### Assignment
The lines below are to be quoted exactly, from the first through the one that contains "rw same refl".

[Stored data]
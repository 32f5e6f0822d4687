-- ===== src/HealthChecker/Loop/Stopped.antt =====
-- `Stop`, which waits until every goroutine has returned.
use corridor.Prelude.{
  ℕ, zero, suc, ◌<◌, ◌≤◌, ◌≡◌, refl, subst, ◌∙◌, ap, List, [], ◌∷◌, ◌++◌, Bool, true, arith, eqb,
  eqb_self, Bool-cases, inl, inr, length, length-append, ◌⊎◌,
}
use corridor.LoadBalancer.Target.{Url}
use corridor.Prelude.Text.{Text}
use corridor.Proxy.{Balancers}
use corridor.HealthChecker.Probe.{Network}
use corridor.HealthChecker.Loop.{
  Phase, entering, waiting, finished, System, after_check, finish_monitor, tick, first, another,
  Silent, ticks, leaves, stops, Run, ends, checks, passes,
}

module _ (url_string : Url → Text) (lbs : Balancers) (n : ℕ) where
  abbrev Finished : ℕ → System → Type 0
  Finished k s = (s.monitors k).phase ≡ finished

  abbrev pub AllFinished : System → Type 0
  AllFinished s = (k : ℕ) → k < n → Finished k s

  -- How a goroutine comes to its end once the channel is closed.
  record Ended (k : ℕ) (s t : System) : Type 0 where
    end : Finished k t
    others : (j : ℕ) → Finished j s → Finished j t
    closed : t.stopped ≡ true

  finish_others : (k j : ℕ) (s : System) → Finished j s → Finished j (finish_monitor k s)
  finish_others k j s over = elim (Bool-cases (eqb j k)) [
    | inl same ↦ rw same refl
    | inr differ ↦ rw differ over
  ]

  finish_monitor-Ended : (k : ℕ) (s : System) → s.stopped ≡ true → Ended k s (finish_monitor k s)
  finish_monitor-Ended k s off = record {
    end = rw (eqb_self k) refl;
    others = λ j over. finish_others k j s over;
    closed = off;
  }

  tick_others : (k j : ℕ) (s : System) → Finished j s → Finished j (tick k s)
  tick_others k j s over = elim (Bool-cases (eqb j k)) [
    | inl same ↦
        let one : k ≡ j = ground arith in rw same (ap (λ i. (s.monitors i).phase) one ∙ over)
    | inr differ ↦ rw differ over
  ]

  check_others :
      (k j : ℕ) (net : Network) (b : Bool) (s : System)
      → (s.monitors k).phase ≡ entering
      → Finished j s
      → Finished j (after_check url_string lbs net b k s)
  check_others k j net b s enters over = elim (Bool-cases (eqb j k)) [
    | inl same ↦
        let one : j ≡ k = ground arith in
        let both = ap (λ i. (s.monitors i).phase) one in absurd (cc)
    | inr differ ↦ rw differ over
  ]

  -- What is reached by a run with at most `bound` checks.
  abbrev Reaches : ℕ → System → (System → Type 0) → Type 0
  Reaches bound s P =
      (t : System) × (checked : List (ℕ × Network)) × Run url_string lbs n s checked t
      × (length checked ≤ bound)
      × P t

  pub phase_cases : (p : Phase) → (p ≡ entering) ⊎ (p ≡ waiting) ⊎ (p ≡ finished)
  phase_cases entering = inl refl
  phase_cases waiting = inr (inl refl)
  phase_cases finished = inr (inr refl)

  -- A goroutine makes the first check that it may still owe, and returns.
  goroutine_ends :
      (k : ℕ) (net : Network) (s : System) → k < n → s.stopped ≡ true → Reaches 1 s (Ended k s)
  goroutine_ends k net s k_in off = elim (phase_cases (s.monitors k).phase) [
    | inl enters ↦
        let b = (s.monitors k).ticked in
        let mid = after_check url_string lbs net b k s in
        let waits : (mid.monitors k).phase ≡ waiting = rw (eqb_self k) refl in
        let done = finish_monitor-Ended k mid off in
        (
          finish_monitor k mid,
          (k, net) ∷ [],
          checks k net s mid (finish_monitor k mid) [] (first k net s k_in enters) (
              passes mid (finish_monitor k mid) (finish_monitor k mid) []
                (leaves k mid k_in waits off) (ends (finish_monitor k mid))),
          omega arith,
          record {
            end = done.end;
            others = λ j over. done.others j (check_others k j net b s enters over);
            closed = off;
          },
        )
    | inr (inl waits) ↦ (
      finish_monitor k s,
      [],
      passes s (finish_monitor k s) (finish_monitor k s) [] (leaves k s k_in waits off)
          (ends (finish_monitor k s)),
      omega arith,
      finish_monitor-Ended k s off,
    )
    | inr (inr over) ↦
        (s, [], ends s, omega arith, record { end = over; others = λ j e. e; closed = off })
  ]

  Run-append :
      (s t u : System) (xs ys : List (ℕ × Network))
      → Run url_string lbs n s xs t
      → Run url_string lbs n t ys u
      → Run url_string lbs n s (xs ++ ys) u
  Run-append s t u xs ys (ends _) after = after
  Run-append s t u xs ys (checks k net _ mid _ rest step run) after =
      checks k net s mid u (rest ++ ys) step (Run-append mid t u rest ys run after)
  Run-append s t u xs ys (passes _ mid _ _ step run) after =
      passes s mid u (xs ++ ys) step (Run-append mid t u xs ys run after)

  first_end :
      (m : ℕ) (net : Network) (s : System)
      → m ≤ n
      → s.stopped ≡ true
      → Reaches m s (λ t. (t.stopped ≡ true) × ((k : ℕ) → k < m → Finished k t))
  first_end zero net s room off =
      (s, [], ends s, omega arith, (off, λ k none. absurd (omega arith)))
  first_end (suc m) net s room off =
      let (t, xs, run, few, (closed, before)) = first_end m net s (omega arith) off in
      let (u, ys, on, one, ended) = goroutine_ends m net t (omega arith) closed in
      (
        u,
        xs ++ ys,
        Run-append s t u xs ys run on,
        (let both = length-append xs ys in omega arith),
        (
          ended.closed,
          λ k inside. elim (Bool-cases (eqb k m)) [
            | inl last ↦ let one : m ≡ k = ground arith in subst (λ i. Finished i u) one ended.end
            | inr earlier ↦ let below : k < m = ground arith in ended.others k (before k below)
          ],
        ),
      )

  -- Once `Stop` has closed the channel, the goroutines can come to their ends, so that `Stop`
  -- returns, with at most as many checks on the way as there are goroutines, whatever network those
  -- meet.
  stop_reaches : (s : System) (net : Network) → s.stopped ≡ true → Reaches n s AllFinished
  stop_reaches s net off =
      let (t, xs, run, few, (closed, over)) = first_end n net s (omega arith) off in
      (t, xs, run, few, over)

  idle :
      (s t : System)
      → Silent url_string lbs n s t
      → AllFinished s
      → AllFinished t × (t.targets ≡ s.targets)
  idle s t (ticks j _ j_in) over = (λ k k_in. tick_others j k s (over k k_in), refl)
  idle s t (leaves j _ j_in waits off) over = (λ k k_in. finish_others j k s (over k k_in), refl)
  idle s t (stops _ on) over = (over, refl)

  -- When `Stop` has returned, nothing that may still happen makes a check or changes a target.
  pub Run-AllFinished :
      (s t : System) (checked : List (ℕ × Network))
      → Run url_string lbs n s checked t
      → AllFinished s
      → (checked ≡ []) × (t.targets ≡ s.targets)
  Run-AllFinished s t checked (ends _) over = (refl, refl)
  Run-AllFinished s t checked (checks j net _ mid _ rest (first _ _ _ j_in enters) run) over =
      let done = over j j_in in absurd (cc)
  Run-AllFinished s t checked (checks j net _ mid _ rest (another _ _ _ j_in waits ticked) run)
        over =
      let done = over j j_in in absurd (cc)
  Run-AllFinished s t checked (passes _ mid _ _ step run) over =
      let (still, kept) = idle s mid step over in
      let (none, same) = Run-AllFinished mid t checked run still in (none, same ∙ kept)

### Completed exercise
repository 32f5e6f0822d4687
-- ===== src/HealthChecker/Loop/Stopped.antt =====
-- `Stop`, which waits until every goroutine has returned.
use corridor.Prelude.{
  ℕ, zero, suc, ◌<◌, ◌≤◌, ◌≡◌, refl, subst, ◌∙◌, ap, List, [], ◌∷◌, ◌++◌, Bool, true, arith, eqb,
  eqb_self, Bool-cases, inl, inr, length, length-append, ◌⊎◌,
}
use corridor.LoadBalancer.Target.{Url}
use corridor.Prelude.Text.{Text}
use corridor.Proxy.{Balancers}
use corridor.HealthChecker.Probe.{Network}
use corridor.HealthChecker.Loop.{
  Phase, entering, waiting, finished, System, after_check, finish_monitor, tick, first, another,
  Silent, ticks, leaves, stops, Run, ends, checks, passes,
}

module _ (url_string : Url → Text) (lbs : Balancers) (n : ℕ) where
  abbrev Finished : ℕ → System → Type 0
  Finished k s = (s.monitors k).phase ≡ finished

  abbrev pub AllFinished : System → Type 0
  AllFinished s = (k : ℕ) → k < n → Finished k s

  -- How a goroutine comes to its end once the channel is closed.
  record Ended (k : ℕ) (s t : System) : Type 0 where
    end : Finished k t
    others : (j : ℕ) → Finished j s → Finished j t
    closed : t.stopped ≡ true

  finish_others : (k j : ℕ) (s : System) → Finished j s → Finished j (finish_monitor k s)
  finish_others k j s over = elim (Bool-cases (eqb j k)) [
    | inl same ↦ rw same refl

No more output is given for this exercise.